This past August I traveled to Venice, Italy. After having a quick look around, I shouldered my 10 kg backpack and started walking north. It took me 31 days to reach my goal: Cologne, Germany, my home.
Along the way, I had covered 45 km of distance and climbed the equivalent of 400 floors up and down again, every single day. And this was my second time doing it.
Two years ago, this trip was the other way around.
Starting at my apartment in Cologne, I went to John O´Groats at the northernmost tip of Scotland. And the year before, I circled the continental part of Denmark, both times walking all the way (though admittedly I didn´t swim the English Channel).
While any of these trips are sure to give you five minutes of fame at any cocktail party, that´s hardly the reason why I do it. But then, what is the reason?
Well, that´s a challenging question, especially considering the nature of these adventures. They´re not designed to be nice and easy. I rather follow what you might call the lone wolf approach, walking as fast and far as possible.
I usually follow a route of my own, so I often have to walk where you are not supposed to walk, like next to motorways or through industrial areas. Along the way, I use no other means of transport and there are no days off.
As I don´t actively seek company, I usually stay alone. You may therefore not be surprised that most of my family and friends are at a loss to understand why I continue doing these types of trips.
I mean, they have a point.
I actually spent the last five years trying to decipher the underlying motives, focusing on single parts but always failing to figure out the big picture. But during my last trip, it dawned on me that it really doesn´t matter.
I don’t need a reason.
These trips are just a part of who I am, or what I could be.
I feel an extreme clarity throughout these journeys. A peace emerges from within me that seems to have slumbered inside since early childhood and is re-released only when no one else is watching. When it’s me vs. me in the great wide open.
There have been signs all throughout, my life calling me to some great adventure. Signs that were sometimes hard to notice and all too easy to be forgotten or ignored. It took a lot of courage to first concede to this peculiar longing and even more so to start actively – and visibly – exploring it.
What I got from taking that first step was more than I ever could have imagined.
These adventures in themselves aren´t fun, from a “normal” human perspective. They are much closer to torture than anything else really. But after a few days, while my body hits the limit, the mind sort of breaks free and I start to really feel, for want of a better word, at the edge.
It is pretty hard to describe this feeling. A bitter-sweet serenity, like experiencing wild happiness and deep sadness at the same time. It is not linked to specific situations, but rather floats in and out of focus, and seems to be settling on the whole journey, in my whole life.
On my first journey in Denmark, that feeling hit me unexpectedly. It was so wild and intense that it nearly hurt. My ill-adapted body really did suffer from absurd daily distances of more than 50 km and a 23 kg backpack.

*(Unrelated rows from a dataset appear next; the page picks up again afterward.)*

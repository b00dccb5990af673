-- ===== src/Ext4/Fs/Rewriting.antt =====
-- An inode that was written is the one that is read.
use fpga_emmc_card_reader.Base.{
  ℕ, zero, suc, ◌*◌, ◌<◌, [], ◌∷◌, List, ◌≡◌, arith, none, some, length, get_elem?, Bytes, ok,
}
use fpga_emmc_card_reader.Ext4.Superblock.{Superblock}
use fpga_emmc_card_reader.Ext4.Fs.{Host}

-- In a state of which `At` says what the sectors hold, reads give them, and after a write of whole
-- sectors a read of the same sectors gives what was written.
pub record IsMemory {S : Type 0} (host : Host S) : Type 1 where
  pub At : S → (ℕ → ℕ → Bytes) → Type 0
  pub reads :
      (lba n : ℕ) (s : S) (sectors : ℕ → ℕ → Bytes)
      → At s sectors
      → (s' : S) × (host.read_sectors lba n s ≡ (ok (sectors lba n), s'))
        × At s' sectors
        × (length (sectors lba n) ≡ n * 512)
  pub writes :
      (lba n : ℕ) (d : Bytes) (s : S) (sectors : ℕ → ℕ → Bytes)
      → At s sectors
      → length d ≡ n * 512
      → (s' : S) × (sectors' : ℕ → ℕ → Bytes) × (host.write_sectors lba d s ≡ (ok tt, s'))
        × At s' sectors'
        × (sectors' lba n ≡ d)

get_elem?-inside :
    {A : Type 0} (xs : List A) (i : ℕ) {a : A} → get_elem? xs i ≡ some a → i < length xs
get_elem?-inside [] i h = absurd (none_some h)
  where
    none_some : {A : Type 0} {a : A} → none ≡ some a → ⊥
    none_some e = cc
get_elem?-inside (x ∷ xs) zero h = omega arith
get_elem?-inside (x ∷ xs) (suc i) h = omega (arith, get_elem?-inside xs i h)
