-- ===== src/Ext4/Fs/Memory.antt =====
-- A card in memory: it shows that what is assumed of the sectors can hold.
use fpga_emmc_card_reader.Base.{
  ℕ, zero, suc, ◌+◌, ◌-◌, ◌*◌, ◌/◌, ◌≤◌, ◌<◌, [], ◌++◌, ◌≡◌, refl, sym, ap, ◌∙◌, arith, true,
  Bool-cases, inl, inr, subst, ◌&&◌, if◌then◌else◌, leb, ltb, length, length-append, length-take,
  length-drop, take, drop, take-append-drop, drop-drop, drop_all, Bytes, ok,
}
use fpga_emmc_card_reader.Ext4.Fs.{Host}
use fpga_emmc_card_reader.Ext4.Fs.Reading.{IsServing}
use fpga_emmc_card_reader.Ext4.Fs.Rewriting.{IsMemory}

abbrev pub Memory : Type 0
Memory = ℕ → Bytes

unfoldable pub sectors_at : Memory → ℕ → ℕ → Bytes
sectors_at m lba zero = []
sectors_at m lba (suc n) = m lba ++ sectors_at m (lba + 1) n

unfoldable pub stored_at : Memory → ℕ → Bytes → Memory
stored_at m lba d i =
    if leb lba i && ltb i (lba + length d / 512) then take 512 (drop ((i - lba) * 512) d) else m i

unfoldable pub memory : Host Memory
memory = record {
  read_sectors = λ lba n m. (ok (sectors_at m lba n), m);
  write_sectors = λ lba d m. (ok tt, stored_at m lba d);
  now = λ m. (ok 0, m);
  from_utf8_lossy = λ name. name;
  name_of = λ name. "";
  stack = 5;
}

-- Every sector has 512 bytes.
abbrev pub IsWhole : Memory → Type 0
IsWhole m = (i : ℕ) → length (m i) ≡ 512

pub sectors_at-length : (m : Memory) (lba n : ℕ) → IsWhole m → length (sectors_at m lba n) ≡ n * 512
unfolding sectors_at
sectors_at-length m lba zero h = refl
sectors_at-length m lba (suc n) h = omega (
  arith,
  length-append (m lba) (sectors_at m (lba + 1) n),
  h lba,
  sectors_at-length m (lba + 1) n h,
)

pub stored_at-IsWhole :
    (m : Memory) (lba n : ℕ) (d : Bytes)
    → length d ≡ n * 512
    → IsWhole m
    → IsWhole (stored_at m lba d)
unfolding stored_at
stored_at-IsWhole m lba n d e h i = elim (Bool-cases (leb lba i && ltb i (lba + length d / 512))) [
  | inl o ↦
      let count : length d / 512 ≡ n = omega arith in
      let (low, high) =
        within lba i n (subst (λ k. (leb lba i && ltb i (lba + k)) ≡ true) count o) in
      rw o
        (omega (arith, length-take 512 (drop ((i - lba) * 512) d), length-drop ((i - lba) * 512) d))
  | inr o ↦ rw o (h i)
]
  where
    within : (lba i n : ℕ) → (leb lba i && ltb i (lba + n)) ≡ true → (lba ≤ i) × (i < lba + n)
    within lba i n o = (ground arith, ground arith)

-- The sectors that were written, from the `k`-th on.
pub sectors_at-stored_from :
    (m : Memory) (lba k n total : ℕ) (d : Bytes)
    → length d ≡ total * 512
    → k + n ≡ total
    → sectors_at (stored_at m lba d) (lba + k) n ≡ drop (k * 512) d
unfolding sectors_at stored_at
sectors_at-stored_from m lba k zero total d e h = sym (drop_all (k * 512) d (omega arith))
sectors_at-stored_from m lba k (suc n) total d e h =
    let here : (leb lba (lba + k) && ltb (lba + k) (lba + length d / 512)) ≡ true = ground arith in
    let at : (lba + k - lba) * 512 ≡ k * 512 = omega arith in
    let later = sectors_at-stored_from m lba (k + 1) n total d e (omega arith) in
    let next : lba + (k + 1) ≡ lba + k + 1 = omega arith in
    rw (here, at)
      (ap (λ w. take 512 (drop (k * 512) d) ++ w)
          (ap (λ i. sectors_at (stored_at m lba d) i n) (sym next)
            ∙ (later ∙ sym (drop-drop 512 (k * 512) ((k + 1) * 512) d (omega arith))))
        ∙ take-append-drop 512 (drop (k * 512) d))

unfoldable pub memory-IsMemory : IsMemory memory
unfolding memory
memory-IsMemory = record {
  At = λ m sectors. IsWhole m × ((lba n : ℕ) → sectors lba n ≡ sectors_at m lba n);
  reads = λ lba n m sectors h. (
    m,
    ap (λ (w : Bytes). (ok w, m)) (sym (h.1 lba n)),
    h,
    ap length (h.1 lba n) ∙ sectors_at-length m lba n h.0,
  );
  writes = λ lba n d m sectors h e. (
    stored_at m lba d,
    sectors_at (stored_at m lba d),
    refl,
    (stored_at-IsWhole m lba n d e h.0, λ lba n. refl),
    ap (λ i. sectors_at (stored_at m lba d) i n) (plus_zero lba)
        ∙ sectors_at-stored_from m lba 0 n n d e (omega arith),
  );
}
  where
    plus_zero : (i : ℕ) → i ≡ i + 0
    plus_zero i = omega arith

unfoldable pub memory-IsServing : (m : Memory) → IsServing memory (sectors_at m)
unfolding memory
memory-IsServing m = record { At = λ m'. m' ≡ m; reads = λ lba n s h. (s, rw h refl, h) }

On the trip to Scotland, however, I was much more prepared, better trained and expertly equipped, and I fully enjoyed it. And on this year´s trip, I started as an expert in this kind of adventure. Confident and skilled in both the required physical and mental aspects. And I set out to finally discover the roots of these feelings in these trips.
I entered an aspirational state of mind much easier and earlier than before, and it prevailed throughout. Then suddenly, with two-thirds of my planned route behind me, there came a time when I just couldn´t see the point of continuing the journey.
For whatever reason, I felt whole, and that I had already reached the goal.
The physical destination seemed meaningless once I had reached my introspective horizon.
Don´t get me wrong, I had a great time. Sometimes I escaped from solitude and spent time with really inspiring people living on mountain refuges in the middle of nowhere. The Alps are a really extraordinary place! And the panorama still stunned me after weeks of staring at it all day.
But there were some intense situations, like when falling rocks would surprise me on a mountain path. Once, they missed me so narrowly that I injured my arm and hip when diving head-first to the ground in an attempt to get out of the way.
But what I had realized is that it wasn´t the walking that made me feel so great, nor the traveling. Instead, what it was really all about, was embracing my instincts. 100%, whole-heartedly, acting on my intuitions.
In doing so, I learned so much about the world and myself. Over the last few years, I feel that I’ve moved much closer to becoming my truest self and leading a truly fulfilling life. It also seems easier and much more natural to “give back” some of this positive energy to others.
I’m realizing this is not only about me, but that everyone has these hidden passions. These desires inside, scratching away at the cage, awaiting release.
And there’s no right adventure for everybody. For some, it may be ice climbing, base jumping or finishing an Ironman. Or it could be writing poems and growing your own vegetables.
If you muster the courage to take your first step on the long walk to exploring your inner fulfillment, you will see the changes unfold in your life you have been longing for.
In the end, I did finish my trip. But I appreciated that I could have stopped the moment I felt complete. These long hikes will surely remain an important part of my life, but I feel ready to move on to other projects.
I´m not sure what lies ahead on the road of my life, but I do know that these past adventures, these explorations of self, have given me the confidence to know that it is going to be great.